= What you will do =
Give back every record exactly as it reads.

= Collected data entries =
=== Begin Enclosure ===
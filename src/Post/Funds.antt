-- ===== src/Post/Funds.antt =====
-- Where the cost of a post goes.
use anarchy.Base.{ℕ, ◌+◌, ◌*◌, ◌%◌, ◌^◌, ◌≡◌, ◌≤◌, arith, some, u128_max, min, u32_max}
use native.Mathlib.Nat.{mul-le-mul_right, add-mul}
use anarchy.Base.Dispatch.{ok}
use anarchy.Post.Types.{Config, State}
use anarchy.Post.{Draft, create_post, total_cost, distributable, distribute}
use anarchy.Post.Undo.{created}

-- What the calls of other pallets do to an amount of money: everything in accounts and in pools. The
-- burn takes its amount away, a deposit adds at most its amount, and the others do not touch it;
-- `mul_floor` rounds the share down.
pub record IsAccounted {World : Type 0} (config : Config World) (wealth : World → ℕ) : Type 0 where
  pub burn_from-wealth :
      (who cost : ℕ) (w w' : World)
      → config.burn_from who cost w ≡ some w'
      → wealth w' + cost ≡ wealth w
  pub reward_pool-wealth :
      (a : ℕ) (w : World) → wealth (config.do_deposit_to_reward_pool a w) ≤ wealth w + a
  pub reaction_pool-wealth :
      (a : ℕ) (w : World) → wealth (config.do_deposit_to_reaction_pool a w) ≤ wealth w + a
  pub record_gas-wealth : (b : ℕ) (w : World) → wealth (config.record_gas b w) ≡ wealth w
  pub register-wealth :
      (id size who at : ℕ) (w w' : World)
      → config.do_register_fragment id size who at w ≡ some w'
      → wealth w' ≡ wealth w
  pub on_post_created-wealth :
      (id : ℕ) (w : World) → wealth (config.on_post_created id w) ≡ wealth w
  pub mul_floor-floor : (p x : ℕ) → config.mul_floor p x * 1_000_000 ≤ p * x

-- Two shares of at most the whole.
two_shares : (p q x : ℕ) → p + q ≤ 1_000_000 → p * x + q * x ≤ 1_000_000 * x
two_shares p q x h = omega (arith, mul-le-mul_right x h, add-mul p q x)

module _ {World : Type 0} (config : Config World) (wealth : World → ℕ)
    (laws : IsAccounted config wealth) where
  shares-le :
      (x : ℕ)
      → config.storage_share_permill + config.reaction_share_permill ≤ 1_000_000
      → config.mul_floor config.storage_share_permill x
          + config.mul_floor config.reaction_share_permill x
        ≤ x
  shares-le x h = omega (
    arith,
    two_shares config.storage_share_permill config.reaction_share_permill x h,
    laws.mul_floor-floor config.storage_share_permill x,
    laws.mul_floor-floor config.reaction_share_permill x,
  )

  distribute-wealth :
      (size : ℕ) (w : World)
      → config.storage_share_permill + config.reaction_share_permill ≤ 1_000_000
      → wealth (distribute config size w) ≤ wealth w + distributable config size
  unfolding distribute
  distribute-wealth size w h =
      let x = distributable config size in
      let storage = config.mul_floor config.storage_share_permill x in
      let reaction = config.mul_floor config.reaction_share_permill x in
      let filled = config.do_deposit_to_reward_pool storage w in
      omega (
        arith,
        shares-le x h,
        laws.reward_pool-wealth storage w,
        laws.reaction_pool-wealth reaction filled,
        laws.record_gas-wealth (size % 2 ^ 32) (config.do_deposit_to_reaction_pool reaction filled),
      )

  -- When the shares of the two pools are at most the whole: the creation of a post makes no money.
  -- All accounts and pools together lose at least the base fee for the bytes, as long as the cost
  -- fits into u128.
  pub create_post-wealth :
      (who : ℕ) (d : Draft) (s t : State World)
      → config.storage_share_permill + config.reaction_share_permill ≤ 1_000_000
      → config.post_base_cost
          + d.total_size * config.post_byte_cost
          + d.total_size * config.current_base_fee s.world
        ≤ u128_max
      → create_post config who d s ≡ ok t
      → wealth t.world + d.total_size * config.current_base_fee s.world ≤ wealth s.world
  unfolding total_cost distributable
  create_post-wealth who d s t h fits accepted =
      let c = created config who d s t accepted in
      rw c.result (
        omega (
          arith,
          fits,
          laws.burn_from-wealth who (total_cost config d.total_size s.world) s.world c.burnt
              c.burns,
          distribute-wealth d.total_size c.burnt h,
          laws.register-wealth d.merkle_root (min d.total_size u32_max) who s.block_number
              (distribute config d.total_size c.burnt) c.registered c.registers,
          laws.on_post_created-wealth s.next_post_id c.registered,
        ))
=== End Enclosure ===
= Solution below =
filename src/Post/Funds.antt
-- ===== src/Post/Funds.antt =====
-- Where the cost of a post goes.
use anarchy.Base.{ℕ, ◌+◌, ◌*◌, ◌%◌, ◌^◌, ◌≡◌, ◌≤◌, arith, some, u128_max, min, u32_max}
use native.Mathlib.Nat.{mul-le-mul_right, add-mul}
use anarchy.Base.Dispatch.{ok}
use anarchy.Post.Types.{Config, State}
use anarchy.Post.{Draft, create_post, total_cost, distributable, distribute}
use anarchy.Post.Undo.{created}

-- What the calls of other pallets do to an amount of money: everything in accounts and in pools. The
-- burn takes its amount away, a deposit adds at most its amount, and the others do not touch it;
-- `mul_floor` rounds the share down.
pub record IsAccounted {World : Type 0} (config : Config World) (wealth : World → ℕ) : Type 0 where
  pub burn_from-wealth :
      (who cost : ℕ) (w w' : World)
      → config.burn_from who cost w ≡ some w'
      → wealth w' + cost ≡ wealth w
  pub reward_pool-wealth :
      (a : ℕ) (w : World) → wealth (config.do_deposit_to_reward_pool a w) ≤ wealth w + a
  pub reaction_pool-wealth :
      (a : ℕ) (w : World) → wealth (config.do_deposit_to_reaction_pool a w) ≤ wealth w + a
  pub record_gas-wealth : (b : ℕ) (w : World) → wealth (config.record_gas b w) ≡ wealth w
  pub register-wealth :
      (id size who at : ℕ) (w w' : World)
      → config.do_register_fragment id size who at w ≡ some w'
      → wealth w' ≡ wealth w
  pub on_post_created-wealth :
      (id : ℕ) (w : World) → wealth (config.on_post_created id w) ≡ wealth w
  pub mul_floor-floor : (p x : ℕ) → config.mul_floor p x * 1_000_000 ≤ p * x

-- Two shares of at most the whole.
two_shares : (p q x : ℕ) → p + q ≤ 1_000_000 → p * x + q * x ≤ 1_000_000 * x
two_shares p q x h = omega (arith, mul-le-mul_right x h, add-mul p q x)

module _ {World : Type 0} (config : Config World) (wealth : World → ℕ)
    (laws : IsAccounted config wealth) where
  shares-le :
      (x : ℕ)
      → config.storage_share_permill + config.reaction_share_permill ≤ 1_000_000
      → config.mul_floor config.storage_share_permill x
          + config.mul_floor config.reaction_share_permill x
        ≤ x
  shares-le x h = omega (
    arith,
    two_shares config.storage_share_permill config.reaction_share_permill x h,
    laws.mul_floor-floor config.storage_share_permill x,
    laws.mul_floor-floor config.reaction_share_permill x,
  )

  distribute-wealth :
      (size : ℕ) (w : World)
      → config.storage_share_permill + config.reaction_share_permill ≤ 1_000_000
      → wealth (distribute config size w) ≤ wealth w + distributable config size
  unfolding distribute
  distribute-wealth size w h =
      let x = distributable config size in
      let storage = config.mul_floor config.storage_share_permill x in
      let reaction = config.mul_floor config.reaction_share_permill x in
      let filled = config.do_deposit_to_reward_pool storage w in
      omega (
        arith,
        shares-le x h,
        laws.reward_pool-wealth storage w,
        laws.reaction_pool-wealth reaction filled,
        laws.record_gas-wealth (size % 2 ^ 32) (config.do_deposit_to_reaction_pool reaction filled),
      )

  -- When the shares of the two pools are at most the whole: the creation of a post makes no money.
  -- All accounts and pools together lose at least the base fee for the bytes, as long as the cost
  -- fits into u128.
  pub create_post-wealth :
      (who : ℕ) (d : Draft) (s t : State World)
      → config.storage_share_permill + config.reaction_share_permill ≤ 1_000_000
      → config.post_base_cost
          + d.total_size * config.post_byte_cost
          + d.total_size * config.current_base_fee s.world
        ≤ u128_max
      → create_post config who d s ≡ ok t
      → wealth t.world + d.total_size * config.current_base_fee s.world ≤ wealth s.world
  unfolding total_cost distributable
  create_post-wealth who d s t h fits accepted =
      let c = created config who d s t accepted in
      rw c.result (
        omega (
          arith,
          fits,
          laws.burn_from-wealth who (total_cost config d.total_size s.world) s.world c.burnt
              c.burns,
          distribute-wealth d.total_size c.burnt h,
          laws.register-wealth d.merkle_root (min d.total_size u32_max) who s.block_number
              (distribute config d.total_size c.burnt) c.registered c.registers,
          laws.on_post_created-wealth s.next_post_id c.registered,
        ))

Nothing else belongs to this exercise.